Before you create a dataplex task you need to define its body. For more information about the available fields to pass when creating a task, visit Dataplex create task API.

A simple task configuration can look as followed:

tests/system/providers/google/cloud/dataplex/example_dataplex.py[source]

EXAMPLE_TASK_BODY = {
    "trigger_spec": {"type_": TRIGGER_SPEC_TYPE},
    "execution_spec": {"service_account": SERVICE_ACC},
    "spark": {"python_script_file": SPARK_FILE_FULL_PATH},
}

With this configuration we can create the task both synchronously & asynchronously: DataplexCreateTaskOperator

tests/system/providers/google/cloud/dataplex/example_dataplex.py[source]

create_dataplex_task = DataplexCreateTaskOperator(
    project_id=PROJECT_ID,
    region=REGION,
    lake_id=LAKE_ID,
    body=EXAMPLE_TASK_BODY,
    dataplex_task_id=DATAPLEX_TASK_ID,
    task_id="create_dataplex_task",
)

tests/system/providers/google/cloud/dataplex/example_dataplex.py[source]

create_dataplex_task_async = DataplexCreateTaskOperator(
    project_id=PROJECT_ID,
    region=REGION,
    lake_id=LAKE_ID,
    body=EXAMPLE_TASK_BODY,
    dataplex_task_id=f"{DATAPLEX_TASK_ID}-1",
    asynchronous=True,
    task_id="create_dataplex_task_async",
)

Delete a task

To delete a task you can use:

DataplexDeleteTaskOperator

tests/system/providers/google/cloud/dataplex/example_dataplex.py[source]

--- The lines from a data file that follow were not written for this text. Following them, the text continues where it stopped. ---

-- ===== src/Tests/Samples.antt =====
-- Concrete objects, a cluster that takes every write, and an edge platform that keeps its devices
-- in a map.
use yurt_device_controller.Prelude.{String, true, false, none, some, [], ◌∷◌, ◌==◌, if◌then◌else◌}
use yurt_device_controller.Prelude.Dict.{Dict, lookup, insert}
use yurt_device_controller.Prelude.Io.{new_error, value, ok, fail}
use yurt_device_controller.Api.{
  Device, DesiredPropertyState, ActualPropertyState, Condition, ObjectMeta, DeviceSpec,
  DeviceStatus,
}
use yurt_device_controller.Clients.Interface.{DeviceInterface}
use yurt_device_controller.Controllers.Kube.{KubeClient, ConditionsUtil}
use yurt_device_controller.Controllers.Session.{Session}
use yurt_device_controller.Controllers.Devices.Reconciler.{DeviceReconciler}

abbrev pub sample_metadata : ObjectMeta
sample_metadata = record {
  name = "thermostat";
  namespace = "plant";
  labels = [];
  finalizers = "v1alpha1.device.finalizer" ∷ [];
  deletion_timestamp = none;
  resource_version = "7";
}

abbrev pub wanted_temperature : DesiredPropertyState
wanted_temperature = record { name = "temperature"; put_url = ""; desired_value = "21" }

abbrev pub reported_temperature : ActualPropertyState
reported_temperature = record { name = "temperature"; get_url = "u"; actual_value = "19" }

abbrev pub sample_spec : DeviceSpec
sample_spec = record {
  description = "hall";
  admin_state = "UNLOCKED";
  operating_state = "UP";
  protocols = [];
  labels = [];
  location = "";
  service = "modbus";
  profile = "thermo";
  notify = false;
  managed = true;
  node_pool = "hangzhou";
  device_properties = ("temperature", wanted_temperature) ∷ [];
}

abbrev pub sample_status : DeviceStatus
sample_status = record {
  last_connected = 0;
  last_reported = 0;
  synced = true;
  device_properties = some [];
  edge_id = "e1";
  admin_state = "LOCKED";
  operating_state = "DOWN";
  conditions = [];
}

abbrev pub sample_device : Device
sample_device = record { metadata = sample_metadata; spec = sample_spec; status = sample_status }

abbrev pub new_device : Device
new_device = record sample_device {
  status = record sample_status { synced = false; edge_id = ""; device_properties = none };
}

abbrev pub dying_device : Device
dying_device = record sample_device {
  metadata = record sample_metadata { deletion_timestamp = some 5 };
}

abbrev pub unmanaged_device : Device
unmanaged_device = record sample_device { spec = record sample_spec { managed = false } }

abbrev pub renamed_device : Device
renamed_device = record sample_device {
  metadata = record sample_metadata {
    labels = ("device-controller/edgex-object.name", "Thermo_1") ∷ [];
  };
}

-- The devices of the edge platform by name.
abbrev pub Platform : Type 0
Platform = Dict Device

abbrev pub without : String → Platform → Platform
without n [] = []
without n ((k, d) ∷ p) = if n == k then without n p else (k, d) ∷ without n p

abbrev pub edge : DeviceInterface Platform
edge = record {
  create = λ d p.
      let made : Device = record d {
        status = record (d.status) { edge_id = "e9"; synced = true };
      } in
      (ok made, insert (d.metadata.name) made p);
  delete = λ n p. (ok tt, without n p);
  update = λ d p. (ok (some d), p);
  get = λ n p.
      (elim (lookup n p) [ none ↦ fail (new_error ("Device not found")) | some d ↦ ok d ], p);
  list = λ p. (ok [], p);
  get_property_state = λ n d p. (ok (some reported_temperature, none), p);
  update_property_state = λ n d p. (ok tt, p);
  list_properties_state = λ d p. (([], [], none), p);
}

-- An edge platform that cannot be reached.
abbrev pub unreachable : DeviceInterface Platform
unreachable = record edge { get = λ n p. (fail (new_error "connection refused"), p) }

-- An edge platform that refuses new devices.
abbrev pub refusing : DeviceInterface Platform
refusing = record edge { create = λ d p. (fail (new_error "no room"), p) }

abbrev pub cluster : KubeClient Platform Device
cluster = record {
  get = λ n p. (value sample_device, p);
  patch_finalizers =
      λ d fs p. (value (record d { metadata = record (d.metadata) { finalizers = fs } }), p);
  update_status = λ d p. (value d, p);
  create = λ d p. (value tt, p);
  delete = λ d p. (value tt, p);
  list = λ pool namespace p. (value [], p);
}

abbrev condition : String → String → Condition
condition kind status = record {
  kind = kind;
  status = status;
  severity = "";
  reason = "";
  message = "";
}

abbrev pub conditions : ConditionsUtil
conditions = record {
  mark_true = λ kind cs. condition kind "True" ∷ cs;
  mark_false = λ kind reason severity message cs. condition kind "False" ∷ cs;
  set_summary = λ kinds cs. condition "Ready" "True" ∷ cs;
}

abbrev pub reconciler : DeviceReconciler Platform
reconciler = record {
  client = cluster;
  conditions = conditions;
  device_cli = edge;
  node_pool = "hangzhou";
}

abbrev pub begin : Platform → Device → Session Platform Device
begin p d = record { world = p; object = d; trace = [] }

delete_dataplex_task_async = DataplexDeleteTaskOperator(
    project_id=PROJECT_ID,
    region=REGION,
    lake_id=LAKE_ID,
    dataplex_task_id=f"{DATAPLEX_TASK_ID}-1",
    task_id="delete_dataplex_task_async",
)

List tasks

To list tasks you can use:

DataplexListTasksOperator

tests/system/providers/google/cloud/dataplex/example_dataplex.py[source]

list_dataplex_task = DataplexListTasksOperator(
    project_id=PROJECT_ID, region=REGION, lake_id=LAKE_ID, task_id="list_dataplex_task"
)

Get a task

To get a task you can use:

DataplexGetTaskOperator

tests/system/providers/google/cloud/dataplex/example_dataplex.py[source]

get_dataplex_task = DataplexGetTaskOperator(
    project_id=PROJECT_ID,
    region=REGION,
    lake_id=LAKE_ID,
    dataplex_task_id=DATAPLEX_TASK_ID,
    task_id="get_dataplex_task",
)

Wait for a task

To wait for a task created asynchronously you can use:

DataplexTaskStateSensor

tests/system/providers/google/cloud/dataplex/example_dataplex.py[source]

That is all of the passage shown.